# Leading and lagging clock times in Lorentz Transforms

• I
• exmarine
In summary, the author argues that "leading clocks lag" when compared to trailing clocks, but this conclusion is incorrect because the relative velocity between the frames must be positive.f

#### exmarine

Someone posted this link to a paper I really appreciated.

http://www.hindawi.com/journals/physri/2015/895134/

But doesn’t the author have the wrong sign on the relative velocity in his Lorentz Transform associated with his figure 2b? And if so, doesn’t that reverse his conclusion that “leading clocks lag”? His leading clock is #3 in the figure, and its time would then be LARGER than that of the trailing clock #1? So wouldn’t the correct rule be “trailing clocks lag”?

He never really shows the time phase LT calculation, but he does show a negative relative velocity in the first column on page 3. But the particle is moving to the right along the observer’s positive x’-axis. So it seems to me that the relative velocity should be positive in the LT from the particle’s x-axis frame to the observer’s x’-axis. The LT must approach the Galilean Transform for very small velocities, and that would be (x’=x + vt). This produces a later time in clock #3 than in clock #1, not the earlier time indicated in his figure 2b.

Thanks.

I think it's correct. There are two frames: $F$ (as shown in figure 2b), in which the particle is moving at velocity $\vec{v}$ (to the right, in the picture), and $F'$ (as shown in figure 2a), in which the particle is at rest. The clocks in both figures are (I assume) clocks that are synchronized to show $t'$, the time as measured in frame $F'$.

From the point of view of frame $F'$, the clocks are synchronized; they all show the same time. From the point of view of frame $F$, the clocks are offset, according to the Lorentz transformation:

$t' = \gamma (t - \frac{vx}{c^2})$

So clocks with a larger value of $x$ show a smaller value for $t'$.

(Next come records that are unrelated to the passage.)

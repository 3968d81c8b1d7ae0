-- ===== src/Keystone/Password.antt =====
-- operators/keystone/internal/controller/reconcile_passwordrotation.go: the scheduled rotation of a
-- Keystone CR's admin password. A CronJob stages a password in a Secret of its own; the operator
-- commits it to the push source, the Secret that a PushSecret mirrors to OpenBao.
pub mod State
pub mod Teardown
pub mod Withheld
pub mod Disabled
use Prim.Native.String.{len}
use c5c3_forge.Prelude.{
  ℕ, Bool, true, false, not, ◌==◌, List, [], ◌∷◌, String, Option, none, some, ℤ, pos, negsuc, ltb,
  is_none, lookup, if◌then◌else◌,
}
use c5c3_forge.Kube.Text.{concat}
use c5c3_forge.Kube.Error.{Error, Answer, ok, err, plain, wrap, is_not_found}
use c5c3_forge.Kube.Condition.{ConditionMeta, status_true}
use c5c3_forge.Kube.Outcome.{Outcome, done, returns, fails, requeue_now}
use c5c3_forge.Conditions.{set_condition}
use c5c3_forge.Release.Atoi.{decimal}
use c5c3_forge.Database.Flow.{condition}
use c5c3_forge.Rotation.{Secret, SecretClient, CommitSpec, Commit, commit_staged}
use c5c3_forge.Keystone.Keys.Create.{KeysPass, age_observed}
use c5c3_forge.Keystone.Password.State.{
  PasswordRotationSpec, PasswordOwner, PasswordClient, normalized_admin_password_length, is_enabled,
  push_source_ready, password_spec, named,
}
use c5c3_forge.Keystone.Password.Teardown.{teardown_password_rotation}

module _ {W : Type 0} (m : ConditionMeta) (client : PasswordClient W) (k : PasswordOwner) where
  abbrev pub in_cluster : W → KeysPass W → KeysPass W
  in_cluster w p = record p { cluster = w }

  abbrev pub report_rotation : String → String → KeysPass W → KeysPass W
  report_rotation reason message p = record p {
    conditions =
        set_condition m p.conditions
          (condition "PasswordRotationReady" k.generation status_true reason message);
  }

  abbrev pub configured : KeysPass W → KeysPass W × Outcome
  configured p = (
    report_rotation "PasswordRotationConfigured" "Admin password rotation CronJob is configured" p,
    done,
  )

  abbrev pub after_push_secret : KeysPass W → W × Option Error → KeysPass W × Outcome
  after_push_secret p (w, some e) =
      (in_cluster w p, fails (wrap "ensuring admin password pushsecret: " e))
  after_push_secret p (w, none) = configured (in_cluster w p)

  module _ (min : ℕ) where
    -- Steps 8 and 9.
    abbrev pub push : Secret → KeysPass W → KeysPass W × Outcome
    push push_source p =
        if push_source_ready push_source min
        then after_push_secret p
            (client.ensure_push_secret p.cluster (named k "-admin-password-backup"))
        else configured p

    abbrev pub after_cron_job : Secret → KeysPass W → W × Option Error → KeysPass W × Outcome
    after_cron_job push_source p (w, some e) =
        (in_cluster w p, fails (wrap "ensuring admin password rotation cronjob: " e))
    after_cron_job push_source p (w, none) = push push_source (in_cluster w p)

    abbrev pub after_script : Secret → KeysPass W → W × Answer String → KeysPass W × Outcome
    after_script push_source p (w, err e) =
        (in_cluster w p, fails (wrap "creating admin password rotate script ConfigMap: " e))
    after_script push_source p (w, ok script) =
        after_cron_job push_source (in_cluster w p) (client.ensure_cron_job w script)

    abbrev pub after_rbac : Secret → KeysPass W → W × Option Error → KeysPass W × Outcome
    after_rbac push_source p (w, some e) =
        (in_cluster w p, fails (wrap "ensuring admin password rotation RBAC: " e))
    after_rbac push_source p (w, none) =
        after_script push_source (in_cluster w p)
          (client.ensure_script w (named k "-admin-password-rotate-script"))

    abbrev pub after_commit : KeysPass W → Commit W × Answer Bool → KeysPass W × Outcome
    after_commit p (c, err e) = (
      record p { events = c.events; cluster = c.cluster },
      fails (wrap "applying admin password rotation output: " e),
    )
    after_commit p (c, ok true) = (
      report_rotation "AdminPasswordRotated" "rotation applied; staging secret cleared"
          (record p { events = c.events; cluster = c.cluster }),
      returns requeue_now,
    )
    after_commit p (c, ok false) =
        after_rbac c.target (record p { events = c.events; cluster = c.cluster })
          (client.ensure_rbac c.cluster (named k "-admin-password-rotate"))

    abbrev pub staged : Secret → Secret → KeysPass W → Commit W
    staged push_source staging p = record {
      staging = staging;
      target = push_source;
      events = p.events;
      cluster = p.cluster;
    }

    -- observeRotationAge and applyAdminPasswordRotation.
    abbrev pub apply_admin_password_rotation : Secret → Secret → KeysPass W → KeysPass W × Outcome
    apply_admin_password_rotation push_source staging p =
        after_commit (age_observed client.secrets push_source staging p)
          (commit_staged client.secrets (password_spec min) (staged push_source staging p))

    -- ensureStagingSecret.
    abbrev pub after_staging : Secret → KeysPass W → W × Answer Secret → KeysPass W × Outcome
    after_staging push_source p (w, err e) = (
      in_cluster w p,
      fails (
          wrap
            (concat ("ensuring staging secret " ∷ named k "-admin-password-rotation" ∷ ": " ∷ []))
            e),
    )
    after_staging push_source p (w, ok staging) =
        apply_admin_password_rotation push_source staging (in_cluster w p)

    -- ensureAdminPasswordPushSourceSecret.
    abbrev pub after_push_source : KeysPass W → W × Answer Secret → KeysPass W × Outcome
    after_push_source p (w, err e) = (
      in_cluster w p,
      fails (
          wrap
            (concat (
              "ensuring admin password push-source secret "
              ∷ named k "-admin-password-next"
              ∷ ": "
              ∷ []))
            e),
    )
    after_push_source p (w, ok push_source) =
        after_staging push_source (in_cluster w p)
          (client.ensure_staging w (named k "-admin-password-rotation") "admin-password")

  abbrev pub after_teardown : KeysPass W → W × Option Error → KeysPass W × Outcome
  after_teardown p (w, some e) = (in_cluster w p, fails e)
  after_teardown p (w, none) = (
    report_rotation "RotationDisabled"
        "Scheduled admin password rotation is disabled; Model B resources removed" (in_cluster w p),
    done,
  )

  -- reconcilePasswordRotation.
  unfoldable pub reconcile_password_rotation : KeysPass W → KeysPass W × Outcome
  reconcile_password_rotation p =
      if not (is_enabled k.password_rotation)
      then after_teardown p (teardown_password_rotation client k p.cluster)
      else after_push_source (normalized_admin_password_length k.password_rotation) p
          (client.ensure_push_source p.cluster (named k "-admin-password-next"))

Thank you very much for looking at this. But you think for very large time (1≪t), the observer’s coordinate (x’) for the location of the particle at (x=0) will be very large NEGATIVE? Don’t think so. It is moving to the right as indicated in his figure 2b, so it will be very large positive (1≪x’). The relative velocity must be positive in the LT, and that switches the conclusion about which clock is lagging.

I think I see my error. I was looking at the wrong clock. Sorry...